The class blksnap::ICbt from (include/blksnap/Cbt.h) allows accessing the data of the change tracker. The static method Create creates an object to interact with the block device change tracker.

Methods of the class:

  • GetCbtInfo - provides information about the current state of the change tracker for a block device
  • GetCbtData - allow reading the table of changes
  • GetImage - provide the name of the block device for the snapshot image
  • GetError - allows checking the snapshot status of a block device.

struct blksnap::SRange

The struct blksnap::SRange from (include/blksnap/Sector.h) describes the area of the block device, combines the offset from the beginning of the block device and the size of the area in the form of the number of sectors.

blksnap::Version

The function blksnap::Version from (include/blksnap/Service.h) allows getting the version of the kernel module.

Blksnap console tool

The tool contains detailed built-in help.

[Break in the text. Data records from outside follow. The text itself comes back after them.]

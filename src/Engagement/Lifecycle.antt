-- ===== src/Engagement/Lifecycle.antt =====
-- services/engagement/internal/domain/engagement.go. A method that changes the engagement takes it
-- to a new one and the result; the time and the fresh ID are arguments.
use obvious.Base.{
  ℕ, String, Bool, true, false, ◌||◌, Option, none, some, List, [], ◌∷◌, ◌++◌, str_eq,
  if◌then◌else◌, is_some, not, ◌&&◌,
}
use obvious.Base.Json.{Fields, end}

-- The constructor `other_phase` holds any other text that a client may send.
pub data Phase : Type 0 where
  planning fieldwork reporting monitoring completed cancelled : Phase
  other_phase : String → Phase

abbrev pub eq_phase : Phase → Phase → Bool
eq_phase planning planning = true
eq_phase fieldwork fieldwork = true
eq_phase reporting reporting = true
eq_phase monitoring monitoring = true
eq_phase completed completed = true
eq_phase cancelled cancelled = true
eq_phase (other_phase a) (other_phase b) = str_eq a b
eq_phase _ _ = false

-- A missing key gives the nil slice.
unfoldable pub valid_transitions : Phase → List Phase
valid_transitions planning = fieldwork ∷ cancelled ∷ []
valid_transitions fieldwork = reporting ∷ cancelled ∷ []
valid_transitions reporting = monitoring ∷ cancelled ∷ []
valid_transitions monitoring = completed ∷ cancelled ∷ []
valid_transitions completed = []
valid_transitions cancelled = []
valid_transitions (other_phase _) = []

pub data Error : Type 0 where
  invalid_transition engagement_not_found engagement_terminal : Error

pub data Result {ℓ} (A : Type ℓ) : Type ℓ where
  ok : A → Result A
  err : Error → Result A

pub record PhaseEvent : Type 0 where
  pub id : ℕ
  pub engagement_id : ℕ
  pub from_phase : Phase
  pub to_phase : Phase
  pub transitioned_by : ℕ
  pub notes : String
  pub transitioned_at : ℕ

pub record Engagement : Type 0 where
  pub id : ℕ
  pub org_id : ℕ
  pub framework_id : ℕ
  pub name : String
  pub description : String
  pub phase : Phase
  pub scope : Fields
  pub lead_auditor_id : Option ℕ
  pub target_start_date : Option ℕ
  pub target_end_date : Option ℕ
  pub actual_start_date : Option ℕ
  pub actual_end_date : Option ℕ
  pub phase_history : List PhaseEvent
  pub metadata : Fields
  pub created_at : ℕ
  pub updated_at : ℕ

pub record CreateEngagementRequest : Type 0 where
  pub org_id : ℕ
  pub framework_id : ℕ
  pub name : String
  pub description : String
  pub scope : Option Fields
  pub lead_auditor_id : Option ℕ
  pub target_start_date : Option ℕ
  pub target_end_date : Option ℕ

pub record UpdateEngagementRequest : Type 0 where
  pub name : Option String
  pub description : Option String
  pub scope : Option Fields
  pub lead_auditor_id : Option ℕ
  pub target_start_date : Option ℕ
  pub target_end_date : Option ℕ

pub record TransitionRequest : Type 0 where
  pub to_phase : Phase
  pub transitioned_by : ℕ
  pub notes : String

has_phase : List Phase → Phase → Bool
has_phase [] to = false
has_phase (p ∷ ps) to = if eq_phase p to then true else has_phase ps to

unfoldable pub can_transition : Engagement → Phase → Bool
unfolding has_phase valid_transitions
can_transition e to = has_phase (valid_transitions e.phase) to

abbrev pub is_terminal : Engagement → Bool
is_terminal e = eq_phase e.phase completed || eq_phase e.phase cancelled

-- `if condition && date == nil { date = &now }`
abbrev dated : Bool → Option ℕ → ℕ → Option ℕ
dated condition date now = if condition && not (is_some date) then some now else date

abbrev pub event_of : ℕ → ℕ → Engagement → TransitionRequest → PhaseEvent
event_of id now e req = record {
  id = id;
  engagement_id = e.id;
  from_phase = e.phase;
  to_phase = req.to_phase;
  transitioned_by = req.transitioned_by;
  notes = req.notes;
  transitioned_at = now;
}

abbrev pub moved : ℕ → ℕ → Engagement → TransitionRequest → Engagement
moved id now e req = record e {
  phase = req.to_phase;
  updated_at = now;
  actual_start_date = dated (eq_phase req.to_phase fieldwork) e.actual_start_date now;
  actual_end_date =
      dated (eq_phase req.to_phase completed || eq_phase req.to_phase cancelled) e.actual_end_date
        now;
  phase_history = e.phase_history ++ event_of id now e req ∷ [];
}

unfoldable pub transition : ℕ → ℕ → Engagement → TransitionRequest → Engagement × Result PhaseEvent
unfolding can_transition
transition id now e req =
    if is_terminal e
    then (e, err engagement_terminal)
    else if can_transition e req.to_phase
    then (moved id now e req, ok (event_of id now e req))
    else (e, err invalid_transition)

abbrev or_empty : Option Fields → Fields
or_empty none = end
or_empty (some m) = m

unfoldable pub new_engagement : ℕ → ℕ → CreateEngagementRequest → Engagement
new_engagement id now req = record {
  id = id;
  org_id = req.org_id;
  framework_id = req.framework_id;
  name = req.name;
  description = req.description;
  phase = planning;
  scope = or_empty req.scope;
  lead_auditor_id = req.lead_auditor_id;
  target_start_date = req.target_start_date;
  target_end_date = req.target_end_date;
  actual_start_date = none;
  actual_end_date = none;
  phase_history = [];
  metadata = end;
  created_at = now;
  updated_at = now;
}

unfoldable pub allowed_next_phases : Engagement → List Phase
unfolding valid_transitions
allowed_next_phases e = valid_transitions e.phase
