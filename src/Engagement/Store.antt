-- ===== src/Engagement/Store.antt =====
-- services/engagement/internal/store/store.go: the in-memory store. An engagement is a value here:
-- the store copies the struct, and no caller writes through the maps or the slice that the copies
-- share.
use obvious.Base.{
  ℕ, ◌≡◌, Option, none, some, List, [], ◌∷◌, arith, if◌then◌else◌, ◌==◌, Bool-cases, inl, inr,
}
use mathlib.Core.Path.{subst}
use obvious.Base.Table
use obvious.Base.Table.{Table, get-put}
use obvious.Engagement.Lifecycle.{Result, ok, err, engagement_not_found, Engagement}

-- The field `data`.
pub record EngagementStore : Type 0 where
  pub entries : Table Engagement

unfoldable pub new_engagement_store : EngagementStore
new_engagement_store = record { entries = [] }

unfoldable pub create : EngagementStore → Engagement → EngagementStore
create s e = record { entries = Table.put s.entries e.id e }

scoped : ℕ → Option Engagement → Result Engagement
scoped org none = err engagement_not_found
scoped org (some e) = if e.org_id == org then ok e else err engagement_not_found

unfoldable pub get : EngagementStore → ℕ → ℕ → Result Engagement
unfolding scoped
get s org id = scoped org (Table.get s.entries id)

select : ℕ → List Engagement → List Engagement
select org [] = []
select org (e ∷ es) = let out = select org es in if e.org_id == org then e ∷ out else out

unfoldable pub list : EngagementStore → ℕ → List Engagement
unfolding select
list s org = select org (Table.values s.entries)

written : EngagementStore → Engagement → Option Engagement → EngagementStore × Result (Unit {0})
written s e none = (s, err engagement_not_found)
written s e (some _) = (record { entries = Table.put s.entries e.id e }, ok tt)

unfoldable pub update : EngagementStore → Engagement → EngagementStore × Result (Unit {0})
unfolding written
update s e = written s e (Table.get s.entries e.id)

-- Every engagement stands under its own ID, and satisfies a predicate.
pub record Keeps (P : Engagement → Type 0) (s : EngagementStore) : Type 0 where
  pub at : (k : ℕ) (e : Engagement) → Table.get s.entries k ≡ some e → (e.id ≡ k) × P e

module _ {P : Engagement → Type 0} (s : EngagementStore) (k : Keeps P s) (e : Engagement) where
  pub engagement_create-Keeps : P e → Keeps P (create s e)
  unfolding create
  engagement_create-Keeps p = record {
    at = λ j v found. elim (Bool-cases (e.id == j)) [
      | inl same ↦
          let v_is_e : e ≡ v = ground (arith, get-put s.entries e.id j e) in
          (ground (arith, get-put s.entries e.id j e), subst P v_is_e p)
      | inr other ↦ k.at j v (ground (arith, get-put s.entries e.id j e))
    ];
  }

  pub engagement_update-Keeps : P e → Keeps P (update s e).0
  unfolding update
  engagement_update-Keeps p = go (Table.get s.entries e.id)
    where
      go : (o : Option Engagement) → Keeps P (written s e o).0
      go none = k
      go (some _) = unfold create in engagement_create-Keeps p

  pub engagement_get-Keeps :
      (org id : ℕ) → get s org id ≡ ok e → (e.org_id ≡ org) × (e.id ≡ id) × P e
  unfolding get
  engagement_get-Keeps org id found = ground (arith, k.at id e)

pub engagement_update_read :
    {P : Engagement → Type 0} (s : EngagementStore) (k : Keeps P s) (org id : ℕ)
    (old e : Engagement)
    → get s org id ≡ ok old
    → e.id ≡ old.id
    → ((update s e).1 ≡ ok tt)
      × ((j : ℕ)
          → Table.get (update s e).0.entries j
            ≡ (if e.id == j then some e else Table.get s.entries j))
unfolding get update
engagement_update_read s k org id old e found same =
    (ground (arith, k.at id old), λ j. ground (arith, k.at id old, get-put s.entries e.id j e))
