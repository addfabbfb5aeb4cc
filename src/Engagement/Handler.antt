-- ===== src/Engagement/Handler.antt =====
-- services/engagement/internal/handler/handler.go: each handler takes the store to a new store and
-- a response. The UUID parser, what the binding makes of a body, the time and the fresh IDs are
-- arguments.
use obvious.Base.{ℕ, String, Option, none, some, List, length, if◌then◌else◌, ◌==◌, str_eq}
use obvious.Engagement.Lifecycle.{
  Phase, Error, invalid_transition, engagement_not_found, engagement_terminal, Result, ok, err,
  PhaseEvent, Engagement, CreateEngagementRequest, UpdateEngagementRequest, TransitionRequest,
  new_engagement, allowed_next_phases,
}
use obvious.Engagement.Lifecycle
use obvious.Engagement.Store.{EngagementStore}
use obvious.Engagement.Store

-- What `c.ShouldBindJSON` gives: the request, or its error's message.
pub data Body {ℓ} (A : Type ℓ) : Type ℓ where
  bound : A → Body A
  malformed : String → Body A

-- The status, and the JSON body: a code and a message, those of a refused transition, or data.
pub data Response : Type 0 where
  failure : ℕ → String → String → Response
  refused : ℕ → String → String → Phase → List Phase → Response
  engagement_body : ℕ → Engagement → Response
  engagements_body : ℕ → List Engagement → ℕ → Response
  moved_body : ℕ → Engagement → PhaseEvent → Response

-- A value, or the response that was written before an early return.
pub data Checked {ℓ} (A : Type ℓ) : Type ℓ where
  pass : A → Checked A
  stop : Response → Checked A

infixl 5 ◌>>=◌
abbrev pub ◌>>=◌ {ℓ κ} : {A : Type ℓ} {B : Type κ} → Checked A → (A → Checked B) → Checked B
pass a >>= f = f a
stop r >>= f = stop r

abbrev pub message : Error → String
message invalid_transition = "invalid lifecycle transition"
message engagement_not_found = "engagement not found"
message engagement_terminal = "engagement is in a terminal state"

abbrev pub load_error : Error → Response
load_error engagement_not_found = failure 404 "NOT_FOUND" "engagement not found"
load_error e = failure 500 "INTERNAL_ERROR" (message e)

abbrev pub transition_error : Engagement → Error → Response
transition_error e invalid_transition =
    refused 422 "INVALID_TRANSITION" (message invalid_transition) e.phase (allowed_next_phases e)
transition_error e engagement_terminal = failure 422 "TERMINAL_STATE" (message engagement_terminal)
transition_error e x = failure 500 "INTERNAL_ERROR" (message x)

abbrev pub parsed : String → Option ℕ → Checked ℕ
parsed problem none = stop (failure 400 "INVALID_REQUEST" problem)
parsed problem (some id) = pass id

abbrev pub loaded : Result Engagement → Checked Engagement
loaded (ok e) = pass e
loaded (err x) = stop (load_error x)

-- Create, from the bound body on.
unfoldable pub create_bound :
    ℕ → ℕ → EngagementStore → CreateEngagementRequest → EngagementStore × Response
create_bound id now s req =
    if str_eq req.name ""
    then (s, failure 400 "INVALID_REQUEST" "name is required")
    else if req.org_id == 0
    then (s, failure 400 "INVALID_REQUEST" "org_id is required")
    else if req.framework_id == 0
    then (s, failure 400 "INVALID_REQUEST" "framework_id is required")
    else let e = new_engagement id now req in (Store.create s e, engagement_body 201 e)

unfoldable pub create :
    ℕ → ℕ → EngagementStore → Body CreateEngagementRequest → EngagementStore × Response
unfolding create_bound
create id now s (malformed problem) = (s, failure 400 "INVALID_REQUEST" problem)
create id now s (bound req) = create_bound id now s req

-- `if value != nil { field = *value }`
abbrev pub assign {ℓ} : {A : Type ℓ} → Option A → A → A
assign none old = old
assign (some new) old = new

-- A pointer field takes the pointer: `if value != nil { field = value }`.
abbrev pub assign_pointer {ℓ} : {A : Type ℓ} → Option A → Option A → Option A
assign_pointer none old = old
assign_pointer (some new) old = some new

abbrev pub patched : UpdateEngagementRequest → Engagement → Engagement
patched req e = record e {
  name = assign req.name e.name;
  description = assign req.description e.description;
  scope = assign req.scope e.scope;
  lead_auditor_id = assign_pointer req.lead_auditor_id e.lead_auditor_id;
  target_start_date = assign_pointer req.target_start_date e.target_start_date;
  target_end_date = assign_pointer req.target_end_date e.target_end_date;
}

-- The end of Update and Transition: what was stored, or the error.
abbrev pub saved : Response → EngagementStore × Result (Unit {0}) → EngagementStore × Response
saved answer (s, ok _) = (s, answer)
saved answer (s, err x) = (s, failure 500 "INTERNAL_ERROR" (message x))

unfoldable pub update_on :
    EngagementStore → Body UpdateEngagementRequest → Checked Engagement → EngagementStore × Response
update_on s body (stop r) = (s, r)
update_on s (malformed problem) (pass e) = (s, failure 400 "INVALID_REQUEST" problem)
update_on s (bound req) (pass e) =
    saved (engagement_body 200 (patched req e)) (Store.update s (patched req e))

unfoldable pub respond :
    EngagementStore → Engagement × Result PhaseEvent → EngagementStore × Response
respond s (e, ok event) = saved (moved_body 200 e event) (Store.update s e)
respond s (e, err x) = (s, transition_error e x)

unfoldable pub transition_on :
    ℕ
    → ℕ
    → EngagementStore
    → Body TransitionRequest
    → Checked Engagement
    → EngagementStore × Response
unfolding respond
transition_on id now s body (stop r) = (s, r)
transition_on id now s (malformed problem) (pass e) = (s, failure 400 "INVALID_REQUEST" problem)
transition_on id now s (bound req) (pass e) = respond s (Lifecycle.transition id now e req)

module _ (parse_uuid : String → Option ℕ) where
  unfoldable pub parse_org : String → Checked ℕ
  parse_org org =
      if str_eq org ""
      then stop (failure 400 "INVALID_REQUEST" "org_id query param required")
      else parsed "invalid org_id" (parse_uuid org)

  -- parseOrgAndID and the Get of the store.
  unfoldable pub load : EngagementStore → String → String → Checked Engagement
  unfolding parse_org
  load s org raw_id = do
    org_id ← parse_org org
    id ← parsed "invalid id" (parse_uuid raw_id)
    loaded (Store.get s org_id id)

  unfoldable pub get : EngagementStore → String → String → Response
  unfolding load
  get s org id = elim (load s org id) [ stop r ↦ r | pass e ↦ engagement_body 200 e ]

  unfoldable pub list : EngagementStore → String → Response
  unfolding parse_org
  list s org = elim (parse_org org) [
    | stop r ↦ r
    | pass org_id ↦ engagements_body 200 (Store.list s org_id) (length (Store.list s org_id))
  ]

  unfoldable pub update :
      EngagementStore → String → String → Body UpdateEngagementRequest → EngagementStore × Response
  unfolding load update_on
  update s org id body = update_on s body (load s org id)

  unfoldable pub transition :
      ℕ
      → ℕ
      → EngagementStore
      → String
      → String
      → Body TransitionRequest
      → EngagementStore × Response
  unfolding load transition_on
  transition event_id now s org id body = transition_on event_id now s body (load s org id)
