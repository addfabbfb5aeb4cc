-- ===== src/Engagement/Timeline.antt =====
-- The lifecycle of services/engagement/internal/domain/engagement.go: which transitions are
-- allowed, and what an engagement looks like after any of them.
use mathlib.Core.Path.{subst}
use obvious.Base.{
  ℕ, ◌+◌, ◌≤◌, ◌≡◌, refl, sym, ap, ◌↔◌, inl, inr, Bool, true, false, Bool-cases, is_some, List, [],
  ◌∷◌, ◌++◌, arith, length, length-append, ◌||◌, any, if◌then◌else◌,
}
use obvious.Engagement.Lifecycle.{
  Phase, planning, fieldwork, reporting, monitoring, completed, cancelled, eq_phase, Result, ok,
  err, engagement_terminal, invalid_transition, PhaseEvent, Engagement, TransitionRequest,
  CreateEngagementRequest, is_terminal, transition, new_engagement, moved, event_of,
}

-- The lifecycle: forward one phase at a time, or to cancelled.
infix 40 ◌⟶◌
pub data ◌⟶◌ : Phase → Phase → Type 0 where
  start : planning ⟶ fieldwork
  write_up : fieldwork ⟶ reporting
  follow_up : reporting ⟶ monitoring
  close : monitoring ⟶ completed
  cancel_planning : planning ⟶ cancelled
  cancel_fieldwork : fieldwork ⟶ cancelled
  cancel_reporting : reporting ⟶ cancelled
  cancel_monitoring : monitoring ⟶ cancelled

ruleset edges = (
  start, write_up, follow_up, close, cancel_planning, cancel_fieldwork, cancel_reporting,
  cancel_monitoring,
)

abbrev pub is_ok {ℓ} : {A : Type ℓ} → Result A → Bool
is_ok (ok _) = true
is_ok (err _) = false

accepted-edge :
    (id now : ℕ) (e : Engagement) (req : TransitionRequest)
    → is_ok (transition id now e req).1 ≡ true
    → e.phase ⟶ req.to_phase
unfolding transition
accepted-edge id now e req h = grind (arith, edges)

edge-accepted :
    {p q : Phase} (id now : ℕ) (e : Engagement) (req : TransitionRequest)
    → p ⟶ q
    → e.phase ≡ p
    → req.to_phase ≡ q
    → transition id now e req ≡ (moved id now e req, ok (event_of id now e req))
unfolding transition
edge-accepted id now e req start from to = ground arith
edge-accepted id now e req write_up from to = ground arith
edge-accepted id now e req follow_up from to = ground arith
edge-accepted id now e req close from to = ground arith
edge-accepted id now e req cancel_planning from to = ground arith
edge-accepted id now e req cancel_fieldwork from to = ground arith
edge-accepted id now e req cancel_reporting from to = ground arith
edge-accepted id now e req cancel_monitoring from to = ground arith

refused-unchanged :
    (id now : ℕ) (e : Engagement) (req : TransitionRequest)
    → is_ok (transition id now e req).1 ≡ false
    → transition id now e req
      ≡ (e, err (if is_terminal e then engagement_terminal else invalid_transition))
unfolding transition
refused-unchanged id now e req h = ground arith

-- A transition is accepted exactly along an edge of the lifecycle. Then the engagement moves and
-- gets the event; a refused transition leaves it as it was, and the error says whether its phase
-- is terminal.
pub transition_iff :
    (id now : ℕ) (e : Engagement) (req : TransitionRequest)
    → ((e.phase ⟶ req.to_phase) ↔ (is_ok (transition id now e req).1 ≡ true))
      × (e.phase ⟶ req.to_phase
          → transition id now e req ≡ (moved id now e req, ok (event_of id now e req)))
      × (is_ok (transition id now e req).1 ≡ false
          → transition id now e req
            ≡ (e, err (if is_terminal e then engagement_terminal else invalid_transition)))
transition_iff id now e req =
    let accepted : e.phase ⟶ req.to_phase
        → transition id now e req ≡ (moved id now e req, ok (event_of id now e req)) =
      λ edge. edge-accepted id now e req edge refl refl in
    (
      (λ edge. ap (λ r. is_ok r.1) (accepted edge), accepted-edge id now e req),
      accepted,
      refused-unchanged id now e req,
    )

-- How many phases lie behind.
abbrev rank : Phase → ℕ
rank fieldwork = 1
rank reporting = 2
rank monitoring = 3
rank completed = 4
rank cancelled = 4
rank _ = 0

edge-rank : {p q : Phase} → p ⟶ q → rank p + 1 ≤ rank q
edge-rank start = omega arith
edge-rank write_up = omega arith
edge-rank follow_up = omega arith
edge-rank close = omega arith
edge-rank cancel_planning = omega arith
edge-rank cancel_fieldwork = omega arith
edge-rank cancel_reporting = omega arith
edge-rank cancel_monitoring = omega arith

edge-open : {p q : Phase} → p ⟶ q → (eq_phase p completed || eq_phase p cancelled) ≡ false
edge-open start = refl
edge-open write_up = refl
edge-open follow_up = refl
edge-open close = refl
edge-open cancel_planning = refl
edge-open cancel_fieldwork = refl
edge-open cancel_reporting = refl
edge-open cancel_monitoring = refl

rank-bound : (p : Phase) → rank p ≤ 4
rank-bound p = ground arith

-- The events lead from one phase to another, edge by edge.
abbrev pub PathOf : Phase → List PhaseEvent → Phase → Type 0
PathOf p [] q = p ≡ q
PathOf p (v ∷ rest) q = (v.from_phase ≡ p) × (v.from_phase ⟶ v.to_phase) × PathOf v.to_phase rest q

PathOf-snoc :
    (p : Phase) (l : List PhaseEvent) (v : PhaseEvent)
    → PathOf p l v.from_phase
    → v.from_phase ⟶ v.to_phase
    → PathOf p (l ++ v ∷ []) v.to_phase
PathOf-snoc p [] v path edge = (sym path, edge, refl)
PathOf-snoc p (w ∷ l) v path edge = (path.0, path.1, PathOf-snoc w.to_phase l v path.2 edge)

abbrev into_fieldwork : PhaseEvent → Bool
into_fieldwork v = eq_phase v.to_phase fieldwork

any-snoc :
    (l : List PhaseEvent) (v : PhaseEvent)
    → any into_fieldwork (l ++ v ∷ []) ≡ any into_fieldwork l || into_fieldwork v
any-snoc [] v = ground arith
any-snoc (w ∷ l) v = ground (arith, any-snoc l v)

-- What holds of an engagement in service.
pub record Timeline (e : Engagement) : Type 0 where
  pub path : PathOf planning e.phase_history e.phase
  pub behind : length e.phase_history ≤ rank e.phase
  pub started : is_some e.actual_start_date ≡ any into_fieldwork e.phase_history
  pub ended : is_some e.actual_end_date ≡ is_terminal e

pub new_engagement-Timeline :
    (id now : ℕ) (req : CreateEngagementRequest) → Timeline (new_engagement id now req)
unfolding new_engagement
new_engagement-Timeline id now req = ground arith

moved-Timeline :
    (id now : ℕ) (e : Engagement) (req : TransitionRequest)
    → Timeline e
    → e.phase ⟶ req.to_phase
    → Timeline (moved id now e req)
moved-Timeline id now e req t edge = record {
  path = PathOf-snoc planning e.phase_history (event_of id now e req) t.path edge;
  behind =
      omega (
        arith,
        t.behind,
        edge-rank edge,
        length-append e.phase_history (event_of id now e req ∷ []),
      );
  started = ground (arith, t.started, any-snoc e.phase_history (event_of id now e req));
  ended = ground (arith, t.ended, edge-open edge);
}

pub transition-Timeline :
    (id now : ℕ) (e : Engagement) (req : TransitionRequest)
    → Timeline e
    → Timeline (transition id now e req).0
transition-Timeline id now e req t = elim (Bool-cases (is_ok (transition id now e req).1)) [
  | inl accepted ↦
      let edge = accepted-edge id now e req accepted in
      subst (λ r. Timeline r.0) (sym (edge-accepted id now e req edge refl refl))
        (moved-Timeline id now e req t edge)
  | inr refused ↦ subst (λ r. Timeline r.0) (sym (refused-unchanged id now e req refused)) t
]

-- Any requests, accepted or not, one after another, with their fresh IDs and times.
unfoldable pub run : List (ℕ × ℕ × TransitionRequest) → Engagement → Engagement
run [] e = e
run ((id, now, req) ∷ rest) e = run rest (transition id now e req).0

run-keeps-Timeline :
    (rs : List (ℕ × ℕ × TransitionRequest)) (e : Engagement) → Timeline e → Timeline (run rs e)
unfolding run
run-keeps-Timeline [] e t = t
run-keeps-Timeline ((id, now, req) ∷ rs) e t =
    run-keeps-Timeline rs (transition id now e req).0 (transition-Timeline id now e req t)

-- After any transition requests, accepted or refused, on a new engagement: its events form a path
-- of the lifecycle from planning to its phase, they are at most four, it has a start date exactly
-- when some event entered fieldwork, and an end date exactly when its phase is terminal.
pub run-Timeline :
    (id now : ℕ) (req : CreateEngagementRequest) (rs : List (ℕ × ℕ × TransitionRequest))
    → let e = run rs (new_engagement id now req) in Timeline e × (length e.phase_history ≤ 4)
run-Timeline id now req rs =
    let e = run rs (new_engagement id now req) in
    let t =
      run-keeps-Timeline rs (new_engagement id now req) (new_engagement-Timeline id now req) in
    (t, omega (arith, t.behind, rank-bound e.phase))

Calling "blksnap --help" allows you to get a list of commands. When requesting "blksnap <command name> --help", a description of the command is output. Page man may also be useful. Use the built-in documentation.

Regression tests

The test suite allows regression testing of the blksnap module. The tests are created using bash scripts and C++. Tests on bash scripts are quite simple. They check the basic functionality. Interaction with the kernel module is carried out using the blksnap tool. C++ tests implement more complex verification algorithms. Documentation for C++ tests is available:

License

The kernel module, like the Linux kernel, has a GPL-2 license. The blksnap console tool has a GPL-2+ license. The libraries are licensed LGPL-3+.